For classification problems, one typically uses stratified k-fold cross-validation, in which the folds are selected so that each fold contains roughly the same proportions of class labels.
In repeated cross-validation, the cross-validation procedure is repeated n times, yielding n random partitions of the original sample. The n results are again averaged (or otherwise combined) to produce a single estimation. In 10-fold, 229 divided by 10 to give approx 23 samples in each, 9 used as training making it 206.
Accuracy is a measure of the total instances achieved correctly compared to total cases. Kappa normalizes it according to the expected accuracy even with randomization. https://stats.stackexchange.com/questions/82162/cohens-kappa-in-plain-english
control <- trainControl(method="repeatedcv", number=10, repeats=4, search="grid")

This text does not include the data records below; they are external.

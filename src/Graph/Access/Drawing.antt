-- ===== src/Graph/Access/Drawing.antt =====
-- Lines that are drawn on the map of AccessGraph.tsx, read back from what they join.
use beauty_awg.Base.{◌≡◌, refl, ap, ◌≢◌, true, false, some, [], ◌∷◌, arith, Text, All, starts_with}
use beauty_awg.Groups.{gid, is_group_id}
use beauty_awg.Graph.{
  cid, nid, unwrap, is_client_id, is_node_id, part, link_edge_id, is_link_edge, bus_edge_id,
  is_bus_edge, grant_edge_id, first_of, second_of,
}
use beauty_awg.Graph.Ids.{IsPlain, edge_ids-parse}
use beauty_awg.Graph.Access.{
  client_line, group_line, link_line, bus_line, line_of, wish_of, wish_between, client_grant,
  group_grant, node_link, no_wish,
}

-- An id without a colon, as a UUID is.
abbrev pub HasNoColon : Text → Type 0
HasNoColon id = All (λ c. c ≢ b':') id

grant_edge_id_plain :
    (a b : Text)
    → HasNoColon a
    → (is_link_edge (grant_edge_id a b) ≡ false) × (is_bus_edge (grant_edge_id a b) ≡ false)
unfolding is_link_edge is_bus_edge grant_edge_id starts_with
grant_edge_id_plain [] b h = (refl, refl)
grant_edge_id_plain (c ∷ []) b h = ground arith
grant_edge_id_plain (c ∷ d ∷ []) b h = ground arith
grant_edge_id_plain (c ∷ d ∷ e ∷ []) b h = ground arith
grant_edge_id_plain (c ∷ d ∷ e ∷ f ∷ a) b h = ground arith

is_link_edge-link_edge_id : (a b : Text) → is_link_edge (link_edge_id a b) ≡ true
unfolding is_link_edge link_edge_id starts_with
is_link_edge-link_edge_id a b = refl

is_bus_edge-bus_edge_id : (a b : Text) → is_bus_edge (bus_edge_id a b) ≡ true
unfolding is_bus_edge bus_edge_id starts_with
is_bus_edge-bus_edge_id a b = refl

-- For ids of the backend, a connection that the user draws asks for the access between the two
-- cards it joins, whatever the kinds of the cards, and a line of each kind is taken, when it is
-- deleted, for what it was drawn for: the device's grant, the group's, the link in its
-- direction, or both links of a bus.
pub line_of-drawn :
    (a b : Text)
    → IsPlain a
    → IsPlain b
    → HasNoColon a
    → (wish_of (record { source = some (cid a); target = some (nid b) }) ≡ client_grant a b)
      × (wish_of (record { source = some (gid a); target = some (nid b) }) ≡ group_grant a b)
      × (wish_of (record { source = some (nid a); target = some (nid b) }) ≡ node_link a b)
      × (wish_of (record { source = some (nid a); target = some (cid b) }) ≡ no_wish)
      × (line_of (record { id = grant_edge_id a b; source = cid a; target = nid b })
          ≡ client_line a b)
      × (line_of (record { id = grant_edge_id (gid a) b; source = gid a; target = nid b })
          ≡ group_line a b)
      × (line_of (record { id = link_edge_id a b; source = nid a; target = nid b }) ≡ link_line a b)
      × (line_of (record { id = bus_edge_id a b; source = nid a; target = nid b })
          ≡ bus_line (first_of a b) (second_of a b))
unfolding wish_of wish_between line_of is_group_id is_client_id is_node_id gid cid nid unwrap
    starts_with
line_of-drawn a b h k plain =
    let (link, bus, comm, own, group, marks, not_bus, not_link) = edge_ids-parse a b h k in
    let (p, q) = grant_edge_id_plain a b plain in
    (
      refl,
      refl,
      refl,
      refl,
      rw (p, q, own) refl,
      ap (λ ps. group_line a (part ps 1)) group,
      rw (not_bus, is_link_edge-link_edge_id a b, link) refl,
      rw (is_bus_edge-bus_edge_id a b, bus) refl,
    )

tunegrid <- expand.grid(.mtry=c(1:25))
rf_gridsearch <- train(Aircraft~., data=train, method="rf", trControl=control)
print(rf_gridsearch)
## Random Forest
##
## 230 samples
## 17 predictor
## 2 classes: 'AirBus', 'Boeing'
##
## No pre-processing
## Resampling: Cross-Validated (10 fold, repeated 4 times)
## Summary of sample sizes: 208, 206, 208, 206, 208, 206, ...
## Resampling results across tuning parameters:
##
## mtry Accuracy Kappa
## 2 0.9543890 0.8967021
## 12 0.9457757 0.8735236
## 23 0.9392910 0.8582220
##
## Accuracy was used to select the optimal model using the largest value.
## The final value used for the model was mtry = 2.
plot(rf_gridsearch)
Pred<-predict(rf_gridsearch)
table(Pred,train$Aircraft)
##
## Pred AirBus Boeing
## AirBus 76 3
## Boeing 0 151
Different accuracy because earlier average accuracy of all samples at a time, this time on the complete sample as a whole.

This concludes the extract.